In summary, increased P200 amplitude in this study may indicate neurocognitive impairments manifested in attentional deficits such as impulsivity, inhibition deficiency and intolerance of uncertainty. These hypotheses are consistent with higher prevalence of psychiatric symptoms such as anxiety (Brandt et al. 2017) and ADHD (e.g. (Bakare, 2012; Shankar et al., 2014)) in HIV seropositive populations. In the present study, although self-reported ADHD diagnosis was an exclusion criterion, no clinical ADHD assessment was performed and thus participants with undiagnosed ADHD or individuals with subclinical symptoms may have been included (9 out of 39 HIV seropositive participants were taking anxiolytic medication for various reasons).

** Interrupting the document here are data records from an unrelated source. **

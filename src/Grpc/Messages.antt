-- ===== src/Grpc/Messages.antt =====
-- crates/grpc/src/gen/mevrelay.rs: the messages of the gRPC interface (crates/grpc/proto/relay.proto).
use Prim.Native.String.{String}
use rs_mev_relay.Prelude.{ℕ, Option, List}
use rs_mev_relay.Primitives.Bytes.{Bytes}

pub record BidTrace : Type 0 where
  pub slot : ℕ
  pub parent_hash : Bytes
  pub block_hash : Bytes
  pub builder_pubkey : Bytes
  pub proposer_pubkey : Bytes
  pub proposer_fee_recipient : Bytes
  pub gas_limit : ℕ
  pub gas_used : ℕ
  pub value : String

pub record Withdrawal : Type 0 where
  pub index : ℕ
  pub validator_index : ℕ
  pub address : Bytes
  pub amount : ℕ

pub record BlobsBundle : Type 0 where
  pub commitments : List Bytes
  pub proofs : List Bytes
  pub blobs : List Bytes

pub record CompressTx : Type 0 where
  pub raw_data : Bytes

pub record ExecutionPayload : Type 0 where
  pub parent_hash : Bytes
  pub state_root : Bytes
  pub receipts_root : Bytes
  pub logs_bloom : Bytes
  pub prev_randao : Bytes
  pub extra_data : Bytes
  pub base_fee_per_gas : Bytes
  pub fee_recipient : Bytes
  pub block_hash : Bytes
  pub transactions : List CompressTx
  pub withdrawals : List Withdrawal
  pub block_number : ℕ
  pub gas_limit : ℕ
  pub timestamp : ℕ
  pub gas_used : ℕ
  pub blob_gas_used : ℕ
  pub excess_blob_gas : ℕ

pub record SubmitBlockRequest : Type 0 where
  pub bid_trace : Option BidTrace
  pub execution_payload : Option ExecutionPayload
  pub signature : Bytes
  pub blobs_bundle : Option BlobsBundle

pub record SubmitBlockResponse : Type 0 where
  pub code : ℕ
  pub message : String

The neural generators of the visual P200 are not yet fully understood but some studies suggest multiple frontal and parietal sources may contribute to this component (Furutsuka, 1989; Luck and Hillyard, 1994; Freunberger et al., 2007). Further studies involving source localization or multimodal EEG/fMRI recording might better explain the neural sources of P200 that could help in identifying affected pathways in HIV related impairments and/or their relation to task difficulty. For example, in a previous fMRI study, it has been shown that untreated HIV patients compared to healthy controls demonstrated greater regional activation during attention and working memory tasks that depends on the task and the level of difficulty (Chang et al., 2001). Additionally, structural MRI studies identify regional reductions in grey matter volumes and abnormalities in white matter (possibly linked to demyelination, neuroinflammation, microvascular or synaptic damage) as persistent features in HIV patients even when successfully treated with ART (O’Connor et al., 2018; Küper et al., 2011; Kallianpur et al., 2012). Specific findings suggested a relationship between impaired executive function and decreases in psychomotor processing speed were linked to grey matter atrophy in basal ganglia and overall cortical thinning. Additional exploration of these structural changes in the brain is required to determine whether there is a contribution to attentional circuits underlying the generation of the P200.

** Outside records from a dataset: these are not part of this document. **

-- ===== src/Grpc/Convert.antt =====
-- crates/grpc/src/gen/mod.rs: from messages to the relay's types. A key that is no point of the curve
-- makes `From<Vec<u8>>` panic (crates/primitives/src/blst/public_key.rs), which is a case of its own.
use Prim.Native.String.{String}
use rs_mev_relay.Prelude.{
  Result, ok, err, ◌>>=◌, ok_or, map_err, collect, map, length, if◌then◌else◌, ◌==◌,
}
use rs_mev_relay.Primitives.Bytes.{
  Bytes, ConversionError, incorrect_length, parse_error, ssz_types, KzgCommitment, try_b256,
  try_address, try_bytes48, try_u256,
}
use rs_mev_relay.Primitives.Keys.{BlsPublicKey}
use rs_mev_relay.Primitives.Payload
use rs_mev_relay.Primitives.Bids
use rs_mev_relay.Primitives.External.{External}
use rs_mev_relay.Grpc.Messages

pub data ConvertStop : Type 0 where
  failed : ConversionError → ConvertStop
  panicked : String → ConvertStop

module _ (x : External) where
  -- `From<Vec<u8>> for BlsPublicKey`
  unfoldable pub key_from : Bytes → Result ConvertStop BlsPublicKey
  key_from bytes = do
    point ← ok_or (x.read_public_key bytes) (panicked "Failed to parse public key")
    ok (record { point = point })

  unfoldable pub try_bid_trace : Messages.BidTrace → Result ConvertStop Bids.BidTrace
  unfolding key_from
  try_bid_trace b = do
    value ← ok_or (x.u256_from_str b.value) (failed (parse_error "U256" b.value))
    parent_hash ← map_err failed (try_b256 b.parent_hash)
    block_hash ← map_err failed (try_b256 b.block_hash)
    builder_pubkey ← key_from b.builder_pubkey
    proposer_pubkey ← key_from b.proposer_pubkey
    proposer_fee_recipient ← map_err failed (try_address b.proposer_fee_recipient)
    ok (record {
      slot = b.slot;
      parent_hash = parent_hash;
      block_hash = block_hash;
      builder_pubkey = builder_pubkey;
      proposer_pubkey = proposer_pubkey;
      proposer_fee_recipient = proposer_fee_recipient;
      gas_limit = b.gas_limit;
      gas_used = b.gas_used;
      value = record { value = value };
    })

-- The source fills the validator's index from the amount.
unfoldable pub try_withdrawal : Messages.Withdrawal → Result ConversionError Payload.Withdrawal
try_withdrawal w = do
  address ← try_address w.address
  ok (record { index = w.index; validator_index = w.amount; address = address; amount = w.amount })

-- `<[u8; 48]>::try_from`
unfoldable pub try_proof : Bytes → Result ConversionError KzgCommitment
try_proof p = if length p == 48 then ok (record { bytes = p }) else err ssz_types

module _ (x : External) where
  unfoldable pub try_blobs_bundle :
      Messages.BlobsBundle → Result ConversionError Payload.BlobsBundle
  unfolding try_proof
  try_blobs_bundle b = do
    commitments ← collect try_bytes48 b.commitments
    proofs ← collect try_proof b.proofs
    blobs ← collect (λ v. ok_or (x.new_blob v) ssz_types) b.blobs
    proof_list ← ok_or (x.new_commitments proofs) ssz_types
    blob_list ← ok_or (x.new_blobs blobs) ssz_types
    ok (record { commitments = commitments; proofs = proof_list; blobs = blob_list })

  unfoldable pub try_execution_payload :
      Messages.ExecutionPayload → Result ConversionError Payload.ExecutionPayload
  unfolding try_withdrawal
  try_execution_payload p = do
    withdrawals ← collect try_withdrawal p.withdrawals
    parent_hash ← try_b256 p.parent_hash
    fee_recipient ←
        map_err (λ _. incorrect_length "Address" 20 (length p.fee_recipient))
          (try_address p.fee_recipient)
    state_root ← try_b256 p.state_root
    receipts_root ← try_b256 p.receipts_root
    prev_randao ← try_b256 p.prev_randao
    base_fee_per_gas ← try_u256 x.u256_from_be_slice p.base_fee_per_gas
    block_hash ← try_b256 p.block_hash
    transactions ←
        ok_or
          (x.new_transactions
            (map (λ (t : Messages.CompressTx). x.transaction_from t.raw_data) p.transactions))
          ssz_types
    withdrawal_list ← ok_or (x.new_withdrawals withdrawals) ssz_types
    ok (record {
      parent_hash = parent_hash;
      fee_recipient = fee_recipient;
      state_root = state_root;
      receipts_root = receipts_root;
      logs_bloom = x.logs_bloom_from p.logs_bloom;
      prev_randao = prev_randao;
      block_number = p.block_number;
      gas_limit = p.gas_limit;
      gas_used = p.gas_used;
      timestamp = p.timestamp;
      extra_data = x.extra_data_from p.extra_data;
      base_fee_per_gas = base_fee_per_gas;
      block_hash = block_hash;
      transactions = transactions;
      withdrawals = withdrawal_list;
      blob_gas_used = p.blob_gas_used;
      excess_blob_gas = p.excess_blob_gas;
    })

It is also possible that the attentional impairment reflected in the P200 are not a direct result of the HIV infection but rather a result of common co-morbidities such as illegal drug use, depression, anxiety or untreated hypertension. The ART medications may also have some deleterious effects on brain structure and function.

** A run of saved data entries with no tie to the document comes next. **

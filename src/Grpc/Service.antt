-- ===== src/Grpc/Service.antt =====
-- crates/grpc/src/service/mod.rs: `RelayService`, the gRPC twin of the bid route.
use Prim.Native.String.{String}
use rs_mev_relay.Prelude.{
  Bool, true, false, not, none, some, Result, ok, err, ◌>>=◌, ◌>>◌, guard, ok_or, map_err, ◌==◌,
  if◌then◌else◌,
}
use rs_mev_relay.Primitives.Bytes.{Bytes, ConversionError}
use rs_mev_relay.Primitives.Keys.{BlsPublicKey, BlsSignature, from_point}
use rs_mev_relay.Primitives.Payload.{ExecutionPayload, BlobsBundle}
use rs_mev_relay.Primitives.Bids.{BidTrace, BidSubmission, gt, to_blinded_block_response}
use rs_mev_relay.Primitives.Chain.{is_next_slot, validate_bid}
use rs_mev_relay.Primitives.Registrations.{Validator}
use rs_mev_relay.Primitives.Domains.{ForkDatas, compute_builder_domain}
use rs_mev_relay.Primitives.External.{External, verify_bid_signature}
use rs_mev_relay.Storage.{
  InMemoryStorage, read_head_slot, read_payload_attributes, read_best_bid, is_whitelisted_builder,
  find_duty_by_slot, set_best_bid, set_blinded_block_response,
}
use rs_mev_relay.Builder.{describe}
use rs_mev_relay.Grpc.Messages.{SubmitBlockRequest, SubmitBlockResponse}
use rs_mev_relay.Grpc.Convert.{
  ConvertStop, failed, panicked, try_bid_trace, try_blobs_bundle, try_execution_payload,
}

-- `tonic::Status::invalid_argument`, with a text or with the text of a conversion error, or a panic.
pub data Stop : Type 0 where
  invalid_argument : String → Stop
  invalid_conversion : ConversionError → Stop
  panic : String → Stop

unfoldable pub stop_of : ConvertStop → Stop
stop_of (failed e) = invalid_conversion e
stop_of (panicked msg) = panic msg

unfoldable pub is_bid_higher : InMemoryStorage → BidTrace → Bool
is_bid_higher s bid = elim (read_best_bid s bid.slot bid.parent_hash bid.proposer_pubkey) [
  | none ↦ true
  | some current_best ↦ gt bid current_best.message
]

unfoldable pub validate_bid_and_payload :
    InMemoryStorage → BidTrace → ExecutionPayload → Result Stop Validator
validate_bid_and_payload s bid execution_payload = do
  guard (not (bid.value.value == 0)) (invalid_argument "Block value 0.")
  guard (is_whitelisted_builder s bid.builder_pubkey) (invalid_argument "Invalid builder address.")
  guard (is_next_slot (read_head_slot s) bid.slot) (invalid_argument "Submission for past slot.")
  map_err (λ e. invalid_argument (describe e))
      (validate_bid (read_payload_attributes s) bid.slot execution_payload.prev_randao)
  duty ← ok_or (find_duty_by_slot s bid.slot) (invalid_argument "No duty found.")
  ok duty

unfoldable pub update_best :
    BidTrace
    → ExecutionPayload
    → BlobsBundle
    → BlsSignature
    → BlsPublicKey
    → InMemoryStorage
    → InMemoryStorage
update_best bid exec_payload blobs_bundle signature proposer_key s =
    let submission : BidSubmission = record {
      message = bid;
      execution_payload = exec_payload;
      blobs_bundle = blobs_bundle;
      signature = signature;
    } in
    set_blinded_block_response proposer_key (to_blinded_block_response submission)
      (set_best_bid bid.slot submission s)

-- What `submit_block` comes to: the early reply, or the update.
pub data Decision : Type 0 where
  below_best : Decision
  update : BidTrace → ExecutionPayload → BlobsBundle → BlsSignature → BlsPublicKey → Decision

module _ (x : External) where
  -- `From<Vec<u8>> for BlsSignature` panics on bytes that are no signature.
  unfoldable pub signature_from : Bytes → Result Stop BlsSignature
  unfolding from_point
  signature_from bytes = do
    point ← ok_or (x.read_signature bytes) (panic "Failed to parse signature")
    ok (from_point point false)

-- `fork_data` is the service's own copy.
module _ (x : External) (fork_data : ForkDatas) where
  unfoldable pub verify_signature : BidTrace → BlsSignature → Result Stop (Unit {0})
  verify_signature bid signature =
      guard
        (verify_bid_signature x bid signature (compute_builder_domain x.fork_data_root fork_data))
        (invalid_argument "Invalid signature")

  unfoldable pub decide : InMemoryStorage → SubmitBlockRequest → Result Stop Decision
  decide s req = do
    bid_msg ← ok_or req.bid_trace (invalid_argument "Missing bid")
    payload_msg ← ok_or req.execution_payload (invalid_argument "Missing Execution Payload")
    blobs_msg ← ok_or req.blobs_bundle (invalid_argument "Missing Blobs Bundle")
    bid ← map_err stop_of (try_bid_trace x bid_msg)
    let rest : Result Stop Decision = do
      exec_payload ← map_err invalid_conversion (try_execution_payload x payload_msg)
      duty ← validate_bid_and_payload s bid exec_payload
      signature ← signature_from x req.signature
      verify_signature bid signature
      blobs ← map_err invalid_conversion (try_blobs_bundle x blobs_msg)
      ok (update bid exec_payload blobs signature duty.entry.message.pubkey)
    if not (is_bid_higher s bid) then ok below_best else rest

  unfoldable pub submit_block :
      SubmitBlockRequest → InMemoryStorage → InMemoryStorage × Result Stop SubmitBlockResponse
  submit_block req s = elim (decide s req) [
    | err e ↦ (s, err e)
    | ok below_best ↦ (s, ok (record { code = 400; message = "Bid below best." }))
    | ok (update bid exec_payload blobs signature key) ↦ (
      update_best bid exec_payload blobs signature key s,
      ok (record { code = 200; message = "Success" }),
    )
  ]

In summary, the finding of the present study may provide a biomarker for assessing the subtle neurocognitive impairments in HIV seropositive individuals. Whether these impairments are inherently caused by HIV infection or by subclinical comorbidities such as ADHD or anxiety, these biomarkers could help better characterize and quantify HIV related cognitive impairments. This is particularly important as performance scores from cognitive tests might not be sensitive to very subtle cognitive brain alterations in individuals with HIV and may depend on the task type and the level of difficulty. For example, the findings in the current paper demonstrated a slower response time for the HIV group in a simple sustained attention task and no significant difference in performance of focused and divided attention tasks. Further studies are needed to conclude possible impulsivity tendencies in more difficult tasks such as divided attention.